Retype every entry exactly, character for character.

Stored records:
"""

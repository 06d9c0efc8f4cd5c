-- ===== src/Backend/Runs.antt =====
-- Any sequence of requests to the backend about users and results (backend/app.py).
pub mod Users
pub mod Requests
use frass_f.Base.{ℕ, List, [], ◌∷◌, Option, Text}
use frass_f.Base.Int.{ℤ}
use frass_f.Backend.State.{Backend, Env, Config}
use frass_f.Backend.Match.{Engine}
use frass_f.Backend.Results.{Result, receive_result, sync_batch}
use frass_f.Backend.Users.{Registration, Entry, register_user, verify_face, log_attendance}

-- A request, with its clock and what raises in it; a batch has one for each of its results.
pub data Request (E : Type 0) : Type 0 where
  register : Registration E → Env → Request E
  verify : Option E → Option ℤ → Env → Request E
  log : Entry → Env → Request E
  result : Result E → Text → Env → Request E
  batch : List (Result E × Env) → Text → Request E

module _ {C E : Type 0} (K : Engine E) (cfg : Config) where
  unfoldable pub handle : Request E → Backend C E → Backend C E
  unfolding register_user verify_face log_attendance receive_result sync_batch
  handle (register r env) b = (register_user K cfg r env b).1
  handle (verify e threshold env) b = (verify_face K cfg e threshold env b).1
  handle (log e env) b = (log_attendance e env b).1
  handle (result r device_id env) b = (receive_result K cfg r device_id env b).1
  handle (batch rs device_id) b = (sync_batch K cfg rs device_id b).1

  unfoldable pub handle_all : List (Request E) → Backend C E → Backend C E
  unfolding handle
  handle_all [] b = b
  handle_all (r ∷ rs) b = handle_all rs (handle r b)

"""

FINAL ANSWER =
repository 06d9c0efc8f4cd5c
-- ===== src/Backend/Runs.antt =====
-- Any sequence of requests to the backend about users and results (backend/app.py).
pub mod Users
pub mod Requests
use frass_f.Base.{ℕ, List, [], ◌∷◌, Option, Text}
use frass_f.Base.Int.{ℤ}
use frass_f.Backend.State.{Backend, Env, Config}
use frass_f.Backend.Match.{Engine}
use frass_f.Backend.Results.{Result, receive_result, sync_batch}
use frass_f.Backend.Users.{Registration, Entry, register_user, verify_face, log_attendance}

-- A request, with its clock and what raises in it; a batch has one for each of its results.
pub data Request (E : Type 0) : Type 0 where
  register : Registration E → Env → Request E
  verify : Option E → Option ℤ → Env → Request E
  log : Entry → Env → Request E
  result : Result E → Text → Env → Request E
  batch : List (Result E × Env) → Text → Request E

module _ {C E : Type 0} (K : Engine E) (cfg : Config) where
  unfoldable pub handle : Request E → Backend C E → Backend C E
  unfolding register_user verify_face log_attendance receive_result sync_batch
  handle (register r env) b = (register_user K cfg r env b).1
  handle (verify e threshold env) b = (verify_face K cfg e threshold env b).1
  handle (log e env) b = (log_attendance e env b).1
  handle (result r device_id env) b = (receive_result K cfg r device_id env b).1
  handle (batch rs device_id) b = (sync_batch K cfg rs device_id b).1

  unfoldable pub handle_all : List (Request E) → Backend C E → Backend C E
  unfolding handle
  handle_all [] b = b
  handle_all (r ∷ rs) b = handle_all rs (handle r b)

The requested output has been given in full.